**Supplied data**
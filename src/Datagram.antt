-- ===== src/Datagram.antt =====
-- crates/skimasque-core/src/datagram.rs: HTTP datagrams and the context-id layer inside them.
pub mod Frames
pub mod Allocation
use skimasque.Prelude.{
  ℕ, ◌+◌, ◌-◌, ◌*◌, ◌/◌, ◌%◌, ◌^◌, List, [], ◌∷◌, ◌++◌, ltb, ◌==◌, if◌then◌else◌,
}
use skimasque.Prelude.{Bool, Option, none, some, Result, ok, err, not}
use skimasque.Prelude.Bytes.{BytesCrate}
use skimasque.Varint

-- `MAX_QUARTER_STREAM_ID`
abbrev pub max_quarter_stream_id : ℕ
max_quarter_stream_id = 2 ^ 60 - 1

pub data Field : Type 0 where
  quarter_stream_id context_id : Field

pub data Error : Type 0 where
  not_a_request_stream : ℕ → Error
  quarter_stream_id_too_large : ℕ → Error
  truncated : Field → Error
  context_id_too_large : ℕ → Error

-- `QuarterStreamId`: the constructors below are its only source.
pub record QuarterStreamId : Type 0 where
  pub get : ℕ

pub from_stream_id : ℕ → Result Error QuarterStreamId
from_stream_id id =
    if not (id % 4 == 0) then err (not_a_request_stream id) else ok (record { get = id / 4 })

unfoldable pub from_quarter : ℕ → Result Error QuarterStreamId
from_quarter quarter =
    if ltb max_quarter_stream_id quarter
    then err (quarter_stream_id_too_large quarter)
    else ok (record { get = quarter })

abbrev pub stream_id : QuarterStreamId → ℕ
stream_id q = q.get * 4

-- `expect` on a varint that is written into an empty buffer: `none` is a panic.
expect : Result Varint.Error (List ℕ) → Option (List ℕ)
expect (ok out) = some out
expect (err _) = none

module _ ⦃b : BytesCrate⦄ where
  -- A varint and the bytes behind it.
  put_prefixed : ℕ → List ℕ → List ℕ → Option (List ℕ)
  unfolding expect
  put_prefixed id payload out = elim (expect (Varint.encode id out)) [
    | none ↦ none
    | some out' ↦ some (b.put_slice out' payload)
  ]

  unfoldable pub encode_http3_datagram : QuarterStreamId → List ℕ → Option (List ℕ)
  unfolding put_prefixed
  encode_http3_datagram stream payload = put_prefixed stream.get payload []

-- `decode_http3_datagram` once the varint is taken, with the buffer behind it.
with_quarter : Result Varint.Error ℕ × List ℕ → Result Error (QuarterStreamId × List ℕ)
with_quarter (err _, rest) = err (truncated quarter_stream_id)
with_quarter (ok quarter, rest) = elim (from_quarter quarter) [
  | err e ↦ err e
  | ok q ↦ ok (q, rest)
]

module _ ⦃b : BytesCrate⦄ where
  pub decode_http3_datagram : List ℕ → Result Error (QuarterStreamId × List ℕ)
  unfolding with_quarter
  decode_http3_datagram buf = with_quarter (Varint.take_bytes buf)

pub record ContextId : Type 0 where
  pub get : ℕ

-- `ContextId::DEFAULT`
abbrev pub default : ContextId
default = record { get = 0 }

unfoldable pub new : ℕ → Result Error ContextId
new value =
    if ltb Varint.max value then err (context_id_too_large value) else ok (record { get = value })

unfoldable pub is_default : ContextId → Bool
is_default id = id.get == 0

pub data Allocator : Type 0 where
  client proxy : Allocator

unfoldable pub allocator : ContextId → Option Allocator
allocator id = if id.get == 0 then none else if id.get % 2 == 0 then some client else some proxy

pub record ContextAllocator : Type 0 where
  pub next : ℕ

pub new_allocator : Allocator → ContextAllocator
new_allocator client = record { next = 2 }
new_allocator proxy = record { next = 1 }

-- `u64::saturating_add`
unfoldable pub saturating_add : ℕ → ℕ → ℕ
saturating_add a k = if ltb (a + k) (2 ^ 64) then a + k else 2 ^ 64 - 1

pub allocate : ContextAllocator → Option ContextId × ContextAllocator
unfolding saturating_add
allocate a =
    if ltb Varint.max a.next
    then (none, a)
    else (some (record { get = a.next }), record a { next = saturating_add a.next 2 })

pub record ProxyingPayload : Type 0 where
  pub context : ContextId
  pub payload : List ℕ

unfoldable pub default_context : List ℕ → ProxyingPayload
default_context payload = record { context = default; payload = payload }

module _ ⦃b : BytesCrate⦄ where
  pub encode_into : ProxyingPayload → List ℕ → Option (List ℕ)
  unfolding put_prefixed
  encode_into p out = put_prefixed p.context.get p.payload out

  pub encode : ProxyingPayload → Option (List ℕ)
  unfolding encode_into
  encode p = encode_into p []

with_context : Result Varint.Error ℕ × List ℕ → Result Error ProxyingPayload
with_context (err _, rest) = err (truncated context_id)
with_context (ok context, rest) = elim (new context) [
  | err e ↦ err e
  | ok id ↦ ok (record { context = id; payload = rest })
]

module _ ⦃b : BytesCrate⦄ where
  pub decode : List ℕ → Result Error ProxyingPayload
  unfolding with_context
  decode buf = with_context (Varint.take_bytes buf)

==

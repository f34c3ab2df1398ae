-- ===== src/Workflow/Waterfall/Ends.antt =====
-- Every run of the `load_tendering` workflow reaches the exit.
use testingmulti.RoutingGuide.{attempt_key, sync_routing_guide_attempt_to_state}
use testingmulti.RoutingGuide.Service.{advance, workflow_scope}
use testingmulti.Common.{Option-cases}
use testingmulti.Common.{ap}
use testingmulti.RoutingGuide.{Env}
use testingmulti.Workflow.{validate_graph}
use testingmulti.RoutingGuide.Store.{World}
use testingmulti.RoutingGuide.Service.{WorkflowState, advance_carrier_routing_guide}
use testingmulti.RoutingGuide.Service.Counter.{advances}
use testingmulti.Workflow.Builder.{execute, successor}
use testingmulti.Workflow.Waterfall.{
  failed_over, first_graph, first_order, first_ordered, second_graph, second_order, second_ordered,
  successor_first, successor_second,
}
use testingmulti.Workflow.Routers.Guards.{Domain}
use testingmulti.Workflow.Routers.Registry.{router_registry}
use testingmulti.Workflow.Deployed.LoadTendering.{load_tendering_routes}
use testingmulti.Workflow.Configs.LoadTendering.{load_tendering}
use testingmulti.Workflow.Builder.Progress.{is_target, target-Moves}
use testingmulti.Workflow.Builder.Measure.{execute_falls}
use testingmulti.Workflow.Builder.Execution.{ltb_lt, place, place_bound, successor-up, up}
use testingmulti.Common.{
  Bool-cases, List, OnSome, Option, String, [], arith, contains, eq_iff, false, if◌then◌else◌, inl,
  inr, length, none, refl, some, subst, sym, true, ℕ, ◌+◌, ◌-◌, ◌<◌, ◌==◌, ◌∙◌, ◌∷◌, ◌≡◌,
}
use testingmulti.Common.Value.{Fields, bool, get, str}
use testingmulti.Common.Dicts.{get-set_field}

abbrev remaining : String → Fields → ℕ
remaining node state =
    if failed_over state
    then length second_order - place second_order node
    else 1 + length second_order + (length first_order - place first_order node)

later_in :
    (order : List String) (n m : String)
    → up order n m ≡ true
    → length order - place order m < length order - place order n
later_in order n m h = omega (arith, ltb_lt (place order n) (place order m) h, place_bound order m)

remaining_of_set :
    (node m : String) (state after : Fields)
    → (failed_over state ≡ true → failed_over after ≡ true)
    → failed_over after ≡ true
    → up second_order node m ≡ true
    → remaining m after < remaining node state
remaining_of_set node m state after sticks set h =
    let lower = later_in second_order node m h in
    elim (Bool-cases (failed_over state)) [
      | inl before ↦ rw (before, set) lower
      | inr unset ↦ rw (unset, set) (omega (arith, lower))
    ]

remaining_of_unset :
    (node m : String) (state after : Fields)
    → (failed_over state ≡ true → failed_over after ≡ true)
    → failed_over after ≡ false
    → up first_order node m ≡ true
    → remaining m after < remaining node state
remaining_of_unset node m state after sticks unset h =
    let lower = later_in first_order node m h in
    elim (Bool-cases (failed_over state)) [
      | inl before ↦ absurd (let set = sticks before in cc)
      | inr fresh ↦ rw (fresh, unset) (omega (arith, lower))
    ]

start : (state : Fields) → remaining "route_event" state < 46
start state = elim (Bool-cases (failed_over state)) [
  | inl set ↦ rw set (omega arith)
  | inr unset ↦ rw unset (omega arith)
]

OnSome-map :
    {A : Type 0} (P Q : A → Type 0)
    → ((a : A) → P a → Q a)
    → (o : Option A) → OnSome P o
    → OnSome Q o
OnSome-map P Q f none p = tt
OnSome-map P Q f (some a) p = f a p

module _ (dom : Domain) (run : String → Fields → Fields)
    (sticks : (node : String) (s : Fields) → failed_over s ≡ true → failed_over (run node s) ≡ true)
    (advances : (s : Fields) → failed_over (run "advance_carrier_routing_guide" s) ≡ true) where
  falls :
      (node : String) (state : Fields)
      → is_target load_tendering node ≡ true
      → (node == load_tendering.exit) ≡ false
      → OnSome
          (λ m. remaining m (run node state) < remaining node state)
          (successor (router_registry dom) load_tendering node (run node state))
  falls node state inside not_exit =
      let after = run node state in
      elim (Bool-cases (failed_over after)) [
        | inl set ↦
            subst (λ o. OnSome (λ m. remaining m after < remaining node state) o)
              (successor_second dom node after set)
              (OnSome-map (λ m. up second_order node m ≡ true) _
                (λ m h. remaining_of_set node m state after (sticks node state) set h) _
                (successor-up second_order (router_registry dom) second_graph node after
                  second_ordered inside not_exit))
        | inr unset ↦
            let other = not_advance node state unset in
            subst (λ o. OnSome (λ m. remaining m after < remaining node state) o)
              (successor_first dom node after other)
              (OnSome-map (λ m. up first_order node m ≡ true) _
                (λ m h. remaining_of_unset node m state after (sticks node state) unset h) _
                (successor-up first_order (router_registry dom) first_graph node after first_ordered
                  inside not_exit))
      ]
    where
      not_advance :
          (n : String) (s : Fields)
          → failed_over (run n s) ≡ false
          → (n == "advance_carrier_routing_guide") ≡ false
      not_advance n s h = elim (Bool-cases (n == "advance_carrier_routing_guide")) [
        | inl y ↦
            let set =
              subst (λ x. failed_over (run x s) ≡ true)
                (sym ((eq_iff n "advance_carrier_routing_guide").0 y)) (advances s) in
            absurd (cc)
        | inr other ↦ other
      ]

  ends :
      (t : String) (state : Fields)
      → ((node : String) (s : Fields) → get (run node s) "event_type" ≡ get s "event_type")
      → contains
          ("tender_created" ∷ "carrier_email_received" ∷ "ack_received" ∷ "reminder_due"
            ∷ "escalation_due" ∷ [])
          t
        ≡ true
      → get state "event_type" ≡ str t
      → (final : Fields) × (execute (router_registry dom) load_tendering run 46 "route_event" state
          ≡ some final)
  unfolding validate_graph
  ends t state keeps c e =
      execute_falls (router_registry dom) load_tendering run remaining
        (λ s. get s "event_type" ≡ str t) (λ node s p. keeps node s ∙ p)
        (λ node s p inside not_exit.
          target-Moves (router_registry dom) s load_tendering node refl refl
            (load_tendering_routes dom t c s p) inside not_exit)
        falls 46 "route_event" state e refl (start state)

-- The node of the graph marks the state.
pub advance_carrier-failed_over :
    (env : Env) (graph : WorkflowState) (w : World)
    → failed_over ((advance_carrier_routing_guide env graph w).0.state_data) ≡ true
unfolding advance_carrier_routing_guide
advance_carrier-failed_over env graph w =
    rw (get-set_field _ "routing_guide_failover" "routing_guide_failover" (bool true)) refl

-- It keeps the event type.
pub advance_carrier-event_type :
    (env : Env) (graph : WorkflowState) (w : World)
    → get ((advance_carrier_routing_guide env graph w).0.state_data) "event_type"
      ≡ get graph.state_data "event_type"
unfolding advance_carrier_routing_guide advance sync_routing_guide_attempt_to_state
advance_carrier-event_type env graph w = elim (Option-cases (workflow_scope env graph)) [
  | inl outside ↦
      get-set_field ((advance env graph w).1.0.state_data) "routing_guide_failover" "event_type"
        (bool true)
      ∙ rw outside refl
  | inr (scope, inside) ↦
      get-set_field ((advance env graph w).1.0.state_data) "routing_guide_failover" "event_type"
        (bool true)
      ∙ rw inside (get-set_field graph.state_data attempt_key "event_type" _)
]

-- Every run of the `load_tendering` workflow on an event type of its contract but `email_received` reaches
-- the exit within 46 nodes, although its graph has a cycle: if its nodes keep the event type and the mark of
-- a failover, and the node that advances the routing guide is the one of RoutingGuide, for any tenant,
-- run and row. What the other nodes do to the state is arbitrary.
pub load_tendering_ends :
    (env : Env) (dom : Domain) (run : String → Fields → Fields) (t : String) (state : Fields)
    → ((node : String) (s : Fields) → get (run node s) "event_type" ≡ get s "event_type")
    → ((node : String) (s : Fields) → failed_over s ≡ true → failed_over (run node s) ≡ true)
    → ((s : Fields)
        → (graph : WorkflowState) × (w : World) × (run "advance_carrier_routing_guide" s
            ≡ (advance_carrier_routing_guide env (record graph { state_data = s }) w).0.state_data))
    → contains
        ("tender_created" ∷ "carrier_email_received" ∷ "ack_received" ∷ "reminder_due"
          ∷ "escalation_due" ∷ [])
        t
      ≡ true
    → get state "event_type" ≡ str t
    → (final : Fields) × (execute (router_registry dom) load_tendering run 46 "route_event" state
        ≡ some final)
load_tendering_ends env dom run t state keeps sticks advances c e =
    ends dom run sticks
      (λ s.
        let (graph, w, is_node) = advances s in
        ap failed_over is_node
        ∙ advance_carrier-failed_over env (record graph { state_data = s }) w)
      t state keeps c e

**Task to carry out**
Among the lines above, repeat exactly those from the line with "pub data Field : Type 0 where" to the line with "stream_id q = q.get * 4", counting both ends.

**Result of this exercise**
pub data Field : Type 0 where
  quarter_stream_id context_id : Field

pub data Error : Type 0 where
  not_a_request_stream : ℕ → Error
  quarter_stream_id_too_large : ℕ → Error
  truncated : Field → Error
  context_id_too_large : ℕ → Error

-- `QuarterStreamId`: the constructors below are its only source.
pub record QuarterStreamId : Type 0 where
  pub get : ℕ

pub from_stream_id : ℕ → Result Error QuarterStreamId
from_stream_id id =
    if not (id % 4 == 0) then err (not_a_request_stream id) else ok (record { get = id / 4 })

unfoldable pub from_quarter : ℕ → Result Error QuarterStreamId
from_quarter quarter =
    if ltb max_quarter_stream_id quarter
    then err (quarter_stream_id_too_large quarter)
    else ok (record { get = quarter })

abbrev pub stream_id : QuarterStreamId → ℕ
stream_id q = q.get * 4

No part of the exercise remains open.